Georges Peignot was very important to the history of modern French fonts because he recognized the need to update letters and understood that characters needed to express their own time. The other field of visual culture Peignot opened was the culture of name recognition through typography. The Art Nouveau fonts he sponsored, such as those of Georges Auriol (1863-1938), whose “Auriol” font was used ten years later for the Paris Métro, became distinctive typefaces, which “branded” certain experiences. To walk under the distinctive Hector Guimard Métro entrances was to commit to using a new form of transportation that needed to be announced by a distinctive look. The Métro used the most modern font available and the Piegnot fonts became the visual metaphor for Art Nouveau. These Art Nouveau fonts were highly specialized and worked best in selective venues. For example, the fonts of Grasset or Auriol were used only for certain kinds of decorative or “fantasy” books. For serious printed works, only the historic Garamond and Didot (acquired in 1912 by Peignot) fonts were appropriate. Peignot continued to commission artists to create new fonts until his death in 1915 in the Great War. Four out of the five Peignot brothers died in this conflict, leaving behind the memory of the important foundry, honored in Paris in the Rue Quatre Frères Peignot and a surviving young brother.
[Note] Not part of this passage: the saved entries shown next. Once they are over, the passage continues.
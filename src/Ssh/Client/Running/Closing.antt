-- ===== src/Ssh/Client/Running/Closing.antt =====
-- internal/ssh/client.go: what closes the listeners of a client, and which are left.
use mathlib.Core.Path.{subst}
use port_forwarder.Base.{
  ℕ, ◌≡◌, ◌≢◌, refl, ◌⊎◌, inl, inr, true, ◌||◌, some, List, [], ◌∷◌, ◌++◌, ◌==◌, arith, nat_eq,
}
use port_forwarder.Base.Text.{Text, text_eq}
use port_forwarder.Base.Map.{Map, lookup, lookup-nil, lookup-cons}
use port_forwarder.Net
use port_forwarder.Net.{Net, Listener, is_open}
use port_forwarder.Net.Laws.{is_open-close}
use port_forwarder.Ssh.Client.{Client, ClientRule, Error, cancelled, fail_all, fail_each, close_all}
use port_forwarder.Ssh.Client.Running.{
  Call, listeners, rule_ids, call_ids, holds, without, take_all, close_one,
}
use port_forwarder.Ssh.Client.Running.Owners.{Inv, report-Inv}

open_after_all :
    (m : Map Listener) (net : Net) (h : ℕ)
    → is_open h (close_all m net).open_lns ≡ true
    → (is_open h net.open_lns ≡ true)
      × ((k : Text) (ln : Listener) → lookup k m ≡ some ln → ln.handle ≢ h)
open_after_all [] net h o =
    (o, λ k ln found same. absurd (ground (arith, lookup-nil {V = Listener} k)))
open_after_all ((j, x) ∷ m) net h o =
    let (was, rest) = open_after_all m (Net.close x net) h o in
    (
      ground (arith, is_open-close x h net),
      λ k ln found same. elim (text_eq.dec k j) [
        | yes mine ↦ grind (arith, lookup-cons k j x m, is_open-close x h net)
        | no elsewhere ↦ rest k ln (ground (arith, lookup-cons k j x m)) same
      ],
    )

pub holds-append : (k : Text) (a b : List Text) → holds k (a ++ b) ≡ (holds k a || holds k b)
holds-append k [] b = refl
holds-append k (j ∷ a) b = ground (arith, holds-append k a b)

pub holds-without : (k id : Text) (a : List Text) → k ≢ id → holds k (without id a) ≡ holds k a
holds-without k id [] other = refl
holds-without k id (j ∷ a) other = ground (arith, holds-without k id a other)

-- One of the IDs in the middle, or one of the others.
pub rule_ids-middle :
    (k : Text) (front : List ClientRule) (r : ClientRule) (back : List ClientRule)
    → holds k (rule_ids (front ++ r ∷ back)) ≡ ((k == r.id) || holds k (rule_ids (front ++ back)))
rule_ids-middle k [] r back = refl
rule_ids-middle k (q ∷ front) r back = ground (arith, rule_ids-middle k front r back)

pub call_ids-middle :
    (k : Text) (front : List Call) (c : Call) (back : List Call)
    → holds k (call_ids (front ++ c ∷ back))
      ≡ ((k == c.rule.id) || holds k (call_ids (front ++ back)))
call_ids-middle k [] c back = refl
call_ids-middle k (d ∷ front) c back = ground (arith, call_ids-middle k front c back)

-- The handle is that of a listener in the list.
abbrev pub Awaits : ℕ → List Listener → Type 0
Awaits h [] = ⊥
Awaits h (ln ∷ lns) = (ln.handle ≡ h) ⊎ Awaits h lns

Awaits-middle :
    (h : ℕ) (front : List Listener) (ln : Listener) (back : List Listener)
    → Awaits h (front ++ ln ∷ back)
    → (ln.handle ≡ h) ⊎ Awaits h (front ++ back)
Awaits-middle h [] ln back at = at
Awaits-middle h (m ∷ front) ln back (inl first) = inr (inl first)
Awaits-middle h (m ∷ front) ln back (inr rest) = elim (Awaits-middle h front ln back rest) [
  | inl it ↦ inl it
  | inr other ↦ inr (inr other)
]

Awaits-right : (h : ℕ) (a b : List Listener) → Awaits h b → Awaits h (a ++ b)
Awaits-right h [] b at = at
Awaits-right h (ln ∷ a) b at = inr (Awaits-right h a b at)

-- A listener of the client is one of those that `Shutdown` takes.
Awaits-listeners :
    (k : Text) (ln : Listener) (m : Map Listener) (b : List Listener)
    → lookup k m ≡ some ln
    → Awaits ln.handle (listeners m ++ b)
Awaits-listeners k ln [] b at = absurd (ground (arith, lookup-nil {V = Listener} k))
Awaits-listeners k ln ((j, x) ∷ m) b at = elim (text_eq.dec k j) [
  | yes mine ↦ inl (grind (arith, lookup-cons k j x m))
  | no other ↦ inr (Awaits-listeners k ln m b (ground (arith, lookup-cons k j x m)))
]

-- Open before, or about to be closed.
abbrev pub Known : (ℕ → Type 0) → List Listener → ℕ → Type 0
Known base lns h = base h ⊎ Awaits h lns

module _ {base : ℕ → Type 0} {raced : List Text} where
  -- Without listeners, nothing is open that was not before.
  pub drained :
      (c c' : Client)
      → Inv base raced c
      → c'.lns ≡ []
      → c'.net ≡ close_all c.lns c.net
      → Inv base raced c'
  drained c c' inv empty net = record {
    covered = λ k ln at. absurd (ground (arith, empty, lookup-nil {V = Listener} k));
    held = λ h o.
        let (was, gone) = open_after_all c.lns c.net h (rw net at o) in
        elim (inv.held h was) [
          | inl b ↦ inl b
          | inr (k, ln, at, same) ↦ absurd (gone k ln at same)
        ];
  }

  fail_each-Inv :
      (m : Map ClientRule) (err : Error) (c : Client)
      → Inv base raced c
      → Inv base raced (fail_each m err c)
  fail_each-Inv [] err c inv = inv
  fail_each-Inv ((_, r) ∷ m) err c inv =
      fail_each-Inv m err _ (report-Inv r.id r.listen (some err) c inv)

  pub fail_all-Inv : (err : Error) (c : Client) → Inv base raced c → Inv base raced (fail_all err c)
  unfolding fail_all
  fail_all-Inv err c inv = fail_each-Inv c.pending err c inv

  pub cancelled-Inv : (c : Client) → Inv base raced c → Inv base raced (cancelled c)
  unfolding cancelled
  cancelled-Inv c inv = record { covered = inv.covered; held = inv.held }

-- `Shutdown` takes every listener of the client.
pub take_all-Inv :
    {base : ℕ → Type 0} {raced : List Text} (raced' : List Text) (c : Client) (lns : List Listener)
    → Inv (Known base lns) raced c
    → Inv (Known base (listeners c.lns ++ lns)) raced' (take_all c)
take_all-Inv raced' c lns inv = record {
  covered = λ k ln at. absurd (ground (arith, lookup-nil {V = Listener} k));
  held = λ h o. elim (inv.held h o) [
    | inl (inl b) ↦ inl (inl b)
    | inl (inr w) ↦ inl (inr (Awaits-right h (listeners c.lns) lns w))
    | inr (k, ln, at, same) ↦ inl (
        inr (
          subst (λ j. Awaits j (listeners c.lns ++ lns)) same (Awaits-listeners k ln c.lns lns at)))
  ];
}

pub close_one-Inv :
    {base : ℕ → Type 0} {raced : List Text} (front : List Listener) (ln : Listener)
    (back : List Listener) (c : Client)
    → Inv (Known base (front ++ ln ∷ back)) raced c
    → Inv (Known base (front ++ back)) raced (close_one ln c)
close_one-Inv front ln back c inv = record {
  covered = inv.covered;
  held = λ h o. elim (inv.held h (ground (arith, is_open-close ln h c.net))) [
    | inl (inl b) ↦ inl (inl b)
    | inl (inr w) ↦ elim (Awaits-middle h front ln back w) [
      | inl mine ↦ absurd (grind (arith, is_open-close ln h c.net))
      | inr other ↦ inl (inr other)
    ]
    | inr own ↦ inr own
  ];
}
Like his father, Charles Peignot (1897-1983), the only heir, was artistic and left the business end of the foundry to those better suited to running a manufacturing establishment. In the early twenties, the main competitor for the Peignot company was the old business of Balzac, Deberny, and the two firms understood that it would be more profitable to combine forces. In 1923, Deberny et Peignot came together, combining Deberny’s traditional fonts and the modern fonts of Peignot into one enterprise with Charles Peignot as the artistic head of the new firm. Peignot began an eight-year partnership with Maximillian Vox in 1924, promising to work with the artist to actualize Vox’s “typographic conceptions.” Vox speculated, “It is not impossible that France, with its innate sense of proportion, will see the birth of 20th-century type.” Referring to the history of the role Deberny et Peignot played in revolutionizing fonts, the designer also paid tribute to Georges Peignot, stating that he was “the first French typographer who did not think of his job as confined to supplying the printer with little pieces of metal.” When the Exposition des Arts Décoratifs et Industriels Modernes opened in Paris in 1925, it was clear to Peignot that the day of Art Nouveau had passed and the machine age called for a sharp and clean line of modern fonts, to rectify the excesses of Art Nouveau. It was at this point that the printer made contact with Cassandre and asked for an Art Deco font. And so the long winding road brought Balzac and Cassandre together in an improbable association in the firm Deberny et Peignot.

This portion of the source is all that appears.